– Все пропало! – простонал он. – Боже мой! Все пропало!
– Но почему же? – спросил Белларион.
– А разве вы сами не видите? – раздраженно ответил Барбареско. – Неужели вы способны понять только то, чего вам лучше было бы не понимать
вообще? Неужели вы не сообразили, что вместе с нами вы погубили и себя? С вашей внешностью и тем доверием, которым вы пользуетесь у принцессы
Валерии, для вас были бы открыты все пути в государстве.
– Я даже не подумал об этом, – вздыхая, проговорил Белларион.
– А обо всех нас – хотя бы обо мне – вы подумали? – патетично воскликнул Барбареско. – Как я надеялся покончить с проклятой нищетой, в которой
мне приходится жить. А теперь… – он красноречиво развел руками, оставив фразу неоконченной.
– Но, синьор, остались ведь иные способы…
– Какие? Может быть, вы нам дадите денег, чтобы набрать войска? Впрочем, завтра вы сами расскажете всем остальным о своих «успехах», и они
решат, что делать с вами.
Но другое утро едва не стало последним для Беллариона; Казелла, изрыгая проклятья, бросился на него, обнажив кинжал, и Барбареско едва успел
спасти юношу от неминуемой гибели, смело встав между ним и разъяренным изгнанником.
– Только не здесь! – завопил он. – Не в моем доме!
– Синьоры, вы забываете, что принцесса Валерия потребует ответа за мое убийство, – не теряя спокойствия, произнес Белларион. – Будьте уверены,
она добавит к этому обвинение в заговоре против регента, и вместе со мной вы неминуемо погубите себя. – Здесь он позволил себе слегка
улыбнуться. – В шахматах такая ситуация называется патом.
Ярость заговорщиков обратилась на графа Спиньо. Однако тот с безразличной миной на лице выслушал сыпавшиеся на его голову обвинения, а когда
шторм наконец стих, безапелляционно заявил:
– Вам следовало бы скорее поблагодарить меня за проверку прочности нашего положения. Впрочем, связавшись с женщиной, ничего иного нельзя было
ожидать.
– Она же первая попросила меня о помощи, – возмутился Барбареско.
– И теперь, когда мы готовы помочь ей, она отказывается от нас, обманывая наши надежды, – поддакнул ему Казелла.

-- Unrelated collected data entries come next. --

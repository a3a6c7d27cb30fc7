-- ===== src/MetaServer/Enlarge/Rounds.antt =====
-- Enlarging a file: the rounds of the loop, and `int new_blocks_num`.
use Prim.Native.Nat.{◌%◌}
use sponge_bob.Prelude.{
  ℕ, ◌*◌, zero, suc, ◌+◌, ◌-◌, ◌^◌, ◌≤◌, ◌<◌, ◌≡◌, refl, ap, subst, ◌∙◌, ◌⊎◌, false, some, List, [],
  ◌∷◌, ◌++◌, arith, ltb, ◌==◌, length, get_elem?, u64_mod, u64_of_int, sub64, mul64, ltb→lt,
  Bool-cases, inl, inr, length-append,
}
use sponge_bob.Result.{ok, or_fault}
use sponge_bob.Containers.Table
use sponge_bob.Containers.Table.{Table, keys, find-assign_in_order}
use sponge_bob.Inode.{Inode, BlockInfo, file_block_size, append_file_block_info}
use sponge_bob.SpaceManager
use sponge_bob.SpaceManager.{SpaceManager}
use sponge_bob.SpaceManager.Partition.{allocate_one_block_room}
use sponge_bob.MetaServer.Transfer.Total.{Addressable}
use sponge_bob.MetaServer.State.{
  Service, nth_key, int_rounds, choose_server, append_block, append_blocks, enlarge,
}
use sponge_bob.MetaServer.Consistent.{Spaces}
use sponge_bob.MetaServer.Enlarge.{Room, find-nth_key, append-Spaces, append-Room}

get_elem?-append_one :
    {A : Type 0} (xs : List A) (y z : A) (k : ℕ)
    → get_elem? (xs ++ y ∷ []) k ≡ some z
    → (get_elem? xs k ≡ some z) ⊎ (y ≡ z)
get_elem?-append_one [] y z zero e = inr (ground arith)
get_elem?-append_one [] y z (suc k) e = absurd (ground arith)
get_elem?-append_one (x ∷ xs) y z zero e = inl e
get_elem?-append_one (x ∷ xs) y z (suc k) e = get_elem?-append_one xs y z k e

get_elem?-append_keeps :
    {A : Type 0} (xs : List A) (y z : A) (k : ℕ)
    → get_elem? xs k ≡ some z
    → get_elem? (xs ++ y ∷ []) k ≡ some z
get_elem?-append_keeps [] y z k e = absurd (ground arith)
get_elem?-append_keeps (x ∷ xs) y z zero e = e
get_elem?-append_keeps (x ∷ xs) y z (suc k) e = get_elem?-append_keeps xs y z k e

-- A file that grew: every block is where it was.
pub record Keeps (i i' : Inode) : Type 0 where
  pub size : i'.size ≡ i.size
  pub children : i'.children ≡ i.children
  pub type : i'.type ≡ i.type
  pub at :
      (k : ℕ) (b : BlockInfo)
      → get_elem? i.block_info_list k ≡ some b
      → get_elem? i'.block_info_list k ≡ some b

Keeps-refl : (i : Inode) → Keeps i i
Keeps-refl i = record { size = refl; children = refl; type = refl; at = λ k b e. e }

Keeps-trans : {a b c : Inode} → Keeps a b → Keeps b c → Keeps a c
Keeps-trans p q = record {
  size = q.size ∙ p.size;
  children = q.children ∙ p.children;
  type = q.type ∙ p.type;
  at = λ k b e. q.at k b (p.at k b e);
}

Addressable-append :
    (bs : List BlockInfo) (info : BlockInfo)
    → Addressable bs
    → info.start_addr + file_block_size ≤ u64_mod
    → info.start_addr ≡ info.block_nr * file_block_size
    → Addressable (bs ++ info ∷ [])
Addressable-append bs info a h w = record {
  at = λ k b e. elim (get_elem?-append_one bs info b k e) [
    | inl old ↦ a.at k b old
    | inr new ↦ subst (λ (x : BlockInfo). x.start_addr + file_block_size ≤ u64_mod) new h
  ];
  whole = λ k b e. elim (get_elem?-append_one bs info b k e) [
    | inl old ↦ a.whole k b old
    | inr new ↦ subst (λ (x : BlockInfo). x.start_addr ≡ x.block_nr * file_block_size) new w
  ];
}

rounds_exact :
    (total have : ℕ) → total < 2 ^ 31 → have < total → int_rounds (sub64 total have) ≡ total - have
unfolding int_rounds
rounds_exact total have small more = ground arith

module _ (rand : ℕ → ℕ) where
  -- One block more for the inode `i`, that is to be stored under `inum` in the table `m`, on a server
  -- that `rand` chooses: `i'` and `s'` are what the round leaves.
  pub record Appended (m : Table Inode) (inum : ℕ) (i : Inode) (s : Service) (n : ℕ) (i' : Inode)
      (s' : Service) : Type 0 where
    pub spaces : Spaces (Table.assign inum i' m) s'.space_manager
    pub room : Room n s'.space_manager
    pub inode_table : s'.inode_table ≡ s.inode_table
    pub file_map : s'.file_map ≡ s.file_map
    pub server_count : s'.server_count ≡ s.server_count
    pub longer : length i'.block_info_list ≡ length i.block_info_list + 1
    pub keeps : Keeps i i'
    pub addresses : Addressable i.block_info_list → Addressable i'.block_info_list

  abbrev drawn : Service → ℕ
  drawn s = nth_key (rand s.rand_calls % length s.space_manager) s.space_manager

  append_block_eq :
      (i : Inode) (s : Service) (sm sm' : SpaceManager) (b : ℕ)
      → 0 < length s.space_manager
      → Table.find (drawn s) s.space_manager ≡ some sm
      → SpaceManager.allocate_one_block sm ≡ ok (b, sm')
      → append_block rand i s
        ≡ ok (
          append_file_block_info i (u64_of_int (drawn s)) (mul64 b file_block_size) 0 b,
          record s {
            rand_calls = s.rand_calls + 1;
            space_manager = Table.assign_in_order (drawn s) sm' s.space_manager;
          },
        )
  unfolding append_block choose_server
  append_block_eq i s sm sm' b pos f a =
      let z : (length s.space_manager == 0) ≡ false = ground arith in
      rw z (rw (f, or_fault) (rw a refl))

  append_block_run :
      (m : Table Inode) (inum n : ℕ) (i old : Inode) (s : Service)
      → Table.find inum m ≡ some old
      → Spaces (Table.assign inum i m) s.space_manager
      → Room (suc n) s.space_manager
      → (i' : Inode) × (s' : Service) × (append_block rand i s ≡ ok (i', s'))
        × Appended m inum i s n i' s'
  unfolding append_file_block_info
  append_block_run m inum n i old s found sp rm =
      let place = rand s.rand_calls % length s.space_manager in
      let (sm, here) = find-nth_key place s.space_manager (grind (arith, rm.some_server)) in
      let g = sp.at (drawn s) sm here in
      let (b, sm', run, t) =
        allocate_one_block_room sm g.valid (omega (arith, rm.at (drawn s) sm here)) in
      let i' = append_file_block_info i (u64_of_int (drawn s)) (mul64 b file_block_size) 0 b in
      (
        i',
        _,
        append_block_eq i s sm sm' b rm.some_server here run,
        record {
          spaces =
              append-Spaces m inum i i' old found (drawn s) b sm sm' s.space_manager t here sp _
                refl refl refl;
          room =
              append-Room m inum i i' old found (drawn s) b sm sm' s.space_manager t here sp _ refl
                refl refl n rm;
          inode_table = refl;
          file_map = refl;
          server_count = refl;
          keeps = record {
            size = refl;
            children = refl;
            type = refl;
            at = λ k c e. get_elem?-append_keeps i.block_info_list _ c k e;
          };
          longer = omega (arith, length-append i.block_info_list (_ ∷ []));
          addresses = λ a.
              Addressable-append i.block_info_list _ a (omega (arith, t.in_range, g.reach))
                (omega (arith, t.in_range, g.reach));
        },
      )

  -- `k` blocks more.
  pub record Grown (m : Table Inode) (inum k : ℕ) (i : Inode) (s : Service) (i' : Inode)
      (s' : Service) : Type 0 where
    pub spaces : Spaces (Table.assign inum i' m) s'.space_manager
    pub inode_table : s'.inode_table ≡ s.inode_table
    pub file_map : s'.file_map ≡ s.file_map
    pub server_count : s'.server_count ≡ s.server_count
    pub longer : length i'.block_info_list ≡ length i.block_info_list + k
    pub keeps : Keeps i i'
    pub addresses : Addressable i.block_info_list → Addressable i'.block_info_list

  append_blocks_run :
      (n : ℕ) (m : Table Inode) (inum : ℕ) (i old : Inode) (s : Service)
      → Table.find inum m ≡ some old
      → Spaces (Table.assign inum i m) s.space_manager
      → Room n s.space_manager
      → (i' : Inode) × (s' : Service) × (append_blocks rand n i s ≡ ok (i', s'))
        × Grown m inum n i s i' s'
  unfolding append_blocks
  append_blocks_run zero m inum i old s found sp rm = (
    i,
    s,
    refl,
    record {
      spaces = sp;
      inode_table = refl;
      file_map = refl;
      server_count = refl;
      longer = omega arith;
      keeps = Keeps-refl i;
      addresses = λ a. a;
    },
  )
  append_blocks_run (suc n) m inum i old s found sp rm =
      let (i1, s1, run1, a) = append_block_run m inum n i old s found sp rm in
      let (i2, s2, run2, g) = append_blocks_run n m inum i1 old s1 found a.spaces a.room in
      (
        i2,
        s2,
        rw run1 run2,
        record {
          spaces = g.spaces;
          inode_table = g.inode_table ∙ a.inode_table;
          file_map = g.file_map ∙ a.file_map;
          server_count = g.server_count ∙ a.server_count;
          longer = omega (arith, g.longer, a.longer);
          keeps = Keeps-trans a.keeps g.keeps;
          addresses = λ h. g.addresses (a.addresses h);
        },
      )

  -- The loop runs once for each block that is missing.
  enlarge_eq :
      (total : ℕ) (i : Inode) (s : Service)
      → total < 2 ^ 31
      → enlarge rand total i s ≡ append_blocks rand (total - length i.block_info_list) i s
  unfolding enlarge append_blocks
  enlarge_eq total i s small = elim (Bool-cases (ltb (length i.block_info_list) total)) [
    | inl more ↦
        let rounds : int_rounds (sub64 total (length i.block_info_list))
            ≡ total - length i.block_info_list =
          rounds_exact total (length i.block_info_list) small (ltb→lt _ _ more) in
        rw more (ap (λ n. append_blocks rand n i s) rounds)
    | inr enough ↦
        let nothing : total - length i.block_info_list ≡ 0 = ground (arith, enough) in
        rw (enough, nothing) refl
  ]

  -- With fewer than 2 ^ 31 blocks in all, and enough of them left on every server, a file is enlarged
  -- to the number of blocks asked for, if it has fewer; the blocks that it has stay.
  pub enlarge_run :
      (total : ℕ) (m : Table Inode) (inum : ℕ) (i old : Inode) (s : Service)
      → total < 2 ^ 31
      → Table.find inum m ≡ some old
      → Spaces (Table.assign inum i m) s.space_manager
      → Room (total - length i.block_info_list) s.space_manager
      → (i' : Inode) × (s' : Service) × (enlarge rand total i s ≡ ok (i', s'))
        × Grown m inum (total - length i.block_info_list) i s i' s'
  enlarge_run total m inum i old s small found sp rm =
      let (i', s', run, g) =
        append_blocks_run (total - length i.block_info_list) m inum i old s found sp rm in
      (i', s', enlarge_eq total i s small ∙ run, g)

Они принялись оживленно дискутировать, сосредоточившись на своих невзгодах, и, казалось, начисто позабыли и о Белларионе, и о принцессе, и о ее
бедном, методично развращаемом братце. Наконец Спиньо – тот самый Спиньо, которого они не раз успели заклеймить дураком, но который на поверку,
оказался умнее всех остальных, – подсказал единственно возможный выход.
– Эй, мессер Белларион! – окликнул он юношу. – Послушайте, что вы скажете принцессе в ответ на ее угрозу: мы взялись освободить государство от
тирании регента и не отступим от своего намерения, невзирая на опасности. Дайте понять этой высокомерной синьоре, что, предав своих друзей, она
неминуемо выдаст себя и всех нас постигнет одинаковая участь. Объясните ей, что нельзя по своей прихоти распоряжаться сердцами людей и не в ее
власти усмирить силы, которые она сама вызвала к действию.
Затем граф обратился к своим сообщникам:
– Будьте уверены, синьоры: обдумав все, она не станет донимать нас своими капризами – ни сейчас, ни потом.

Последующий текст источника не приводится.